# server laptop's



## batence (Jan 10, 2009)

can have cheap laptop's for server because of uptime and this UPS is very very expensive? :e


----------



## mk (Jan 10, 2009)

yes iirc @phoenix have a laptop server (may wrong) but yes can be done.
install, configure, put the battery and plug in 220 volts and.. you have server... with ups!


----------



## batence (Jan 10, 2009)

i thinck it is the same...


----------



## Djn (Jan 10, 2009)

I'd suggest finding one with a decent cooling solution, just in case - some of the cheap laptops overheat even with modest normal use, and that could be inconvenient in a server. On the other hand, servers usually have very light load ...

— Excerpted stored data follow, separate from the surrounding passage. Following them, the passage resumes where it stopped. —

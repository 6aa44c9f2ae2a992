-- ===== src/Maps/Cidr/Laws.antt =====
-- What a CIDR operation does to the entries of the tries (src/control_plane/map_manager.go).
use shield_core.Prelude.{
  ℕ, ◌≡◌, ◌≢◌, ◌⊎◌, inl, inr, refl, Option, none, some, Text, if◌then◌else◌, arith, Option-cases,
}
use shield_core.Net.Lpm.{LpmTrieKey, AddrError, Parsed, Parsed-cases, parse_cidr}
use shield_core.Kernel.{Kernel, IsMap, key_eq}
use shield_core.Maps.{MapManager}
use shield_core.Maps.Cidr.{put_cidr, delete_cidr, block_cidr, allow_cidr}

module _ (K : Kernel) where
  abbrev pub blocked_at : MapManager K → LpmTrieKey → Option ℕ
  blocked_at m key = K.lpm.lookup key m.cidr_blacklist

  abbrev pub allowed_at : MapManager K → LpmTrieKey → Option ℕ
  allowed_at m key = K.lpm.lookup key m.cidr_whitelist

module _ (K : Kernel) (L : IsMap key_eq K.lpm) (parse_ipv6 : Text → Option ℕ) where
  -- `Put` and `Delete` through a text, on a trie of either list.
  put_cidr_lem :
      (s : K.lpm.Store) (t : Text) (val : ℕ)
      → let (s', e) = put_cidr K parse_ipv6 s t val in
        ((e ≡ none)
          × ((key : LpmTrieKey) × (parse_cidr parse_ipv6 t ≡ Parsed.ok key)
              × ((j : LpmTrieKey)
                  → K.lpm.lookup j s' ≡ (if key_eq key j then some val else K.lpm.lookup j s))))
        ⊎ ((e ≢ none) × (s' ≡ s))
  unfolding put_cidr
  put_cidr_lem s t val = elim (Parsed-cases (parse_cidr parse_ipv6 t)) [
    | inl (e, p) ↦ inr (ground arith, ground arith)
    | inr (key, p) ↦ elim (Option-cases (K.lpm.put key val s)) [
      | inl f ↦ inr (ground arith, ground arith)
      | inr (u, f) ↦ inl (ground arith, (key, p, λ j. ground (arith, L.lookup-put key j val s u f)))
    ]
  ]

  delete_cidr_lem :
      (s : K.lpm.Store) (t : Text)
      → let (s', e) = delete_cidr K parse_ipv6 s t in
        ((e ≡ none)
          × ((key : LpmTrieKey) × (parse_cidr parse_ipv6 t ≡ Parsed.ok key)
              × ((j : LpmTrieKey)
                  → K.lpm.lookup j s' ≡ (if key_eq key j then none else K.lpm.lookup j s))))
        ⊎ ((e ≢ none)
            × (s' ≡ s)
            × (((x : AddrError) × (parse_cidr parse_ipv6 t ≡ Parsed.err x))
                ⊎ ((key : LpmTrieKey) × (parse_cidr parse_ipv6 t ≡ Parsed.ok key)
                    × (K.lpm.delete key s ≡ none))))
  unfolding delete_cidr
  delete_cidr_lem s t = elim (Parsed-cases (parse_cidr parse_ipv6 t)) [
    | inl (x, p) ↦ inr (ground arith, ground arith, inl (x, p))
    | inr (key, p) ↦ elim (Option-cases (K.lpm.delete key s)) [
      | inl f ↦ inr (ground arith, ground arith, inr (key, p, f))
      | inr (u, f) ↦ inl (ground arith, (key, p, λ j. ground (arith, L.lookup-delete key j s u f)))
    ]
  ]

module _ (K : Kernel) (L : IsMap key_eq K.lpm) (parse_ipv6 : Text → Option ℕ)
    (m : MapManager K) where
  -- A block that succeeds writes the time under the key of its text and under no other; one that
  -- fails leaves the manager as it was. The whitelist is not touched.
  pub block_cidr_lem :
      (now : ℕ) (t : Text)
      → let (m', e) = block_cidr K parse_ipv6 now m t in
        (((e ≡ none)
            × ((key : LpmTrieKey) × (parse_cidr parse_ipv6 t ≡ Parsed.ok key)
                × ((j : LpmTrieKey)
                    → blocked_at K m' j ≡ (if key_eq key j then some now else blocked_at K m j))))
          ⊎ ((e ≢ none) × (m' ≡ m)))
        × ((j : LpmTrieKey) → allowed_at K m' j ≡ allowed_at K m j)
  unfolding block_cidr
  block_cidr_lem now t = elim (put_cidr_lem K L parse_ipv6 m.cidr_blacklist t now) [
    | inl written ↦ (inl written, λ j. refl)
    | inr (e, kept) ↦ (inr (e, ground arith), λ j. refl)
  ]

  -- An unblock that succeeds removes the key of its text and no other; one that fails leaves the
  -- manager as it was, and was given no address or a key whose deletion the trie refused. The
  -- whitelist is not touched.
  pub allow_cidr_lem :
      (t : Text)
      → let (m', e) = allow_cidr K parse_ipv6 m t in
        (((e ≡ none)
            × ((key : LpmTrieKey) × (parse_cidr parse_ipv6 t ≡ Parsed.ok key)
                × ((j : LpmTrieKey)
                    → blocked_at K m' j ≡ (if key_eq key j then none else blocked_at K m j))))
          ⊎ ((e ≢ none)
              × (m' ≡ m)
              × (((x : AddrError) × (parse_cidr parse_ipv6 t ≡ Parsed.err x))
                  ⊎ ((key : LpmTrieKey) × (parse_cidr parse_ipv6 t ≡ Parsed.ok key)
                      × (K.lpm.delete key m.cidr_blacklist ≡ none)))))
        × ((j : LpmTrieKey) → allowed_at K m' j ≡ allowed_at K m j)
  unfolding allow_cidr
  allow_cidr_lem t = elim (delete_cidr_lem K L parse_ipv6 m.cidr_blacklist t) [
    | inl written ↦ (inl written, λ j. refl)
    | inr (e, kept, why) ↦ (inr (e, ground arith, why), λ j. refl)
  ]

If you haven't already got a laptop you're planning to use, the thinkpads I've tried have had good cooling (and usually decent FreeBSD support), so if you can find a cheap (perhaps used) one, that might be an idea.


----------



## SirDice (Jan 11, 2009)

Do realize that heat and prolonged charging severely impacts the battery's lifetime.


----------



## techie (Jan 11, 2009)

If you will run your server with WLAN, keep in mind the WLAN stability. For a server operation you'll need a perfect working WLAN. I can remember the instability of the build-in Intel Pro Wireless 2200 BG chipset on one of my old laptops. Sometimes the chipset (or the software?) disconnected the transmission suddenly after some hours of operation.


----------



## Carpetsmoker (Jan 11, 2009)

SirDice said:
			
		

> Do realize that heat and prolonged charging severely impacts the battery's lifetime.



A normal UPS battery will have the problem, and will need to be replaced at regular intervals.


----------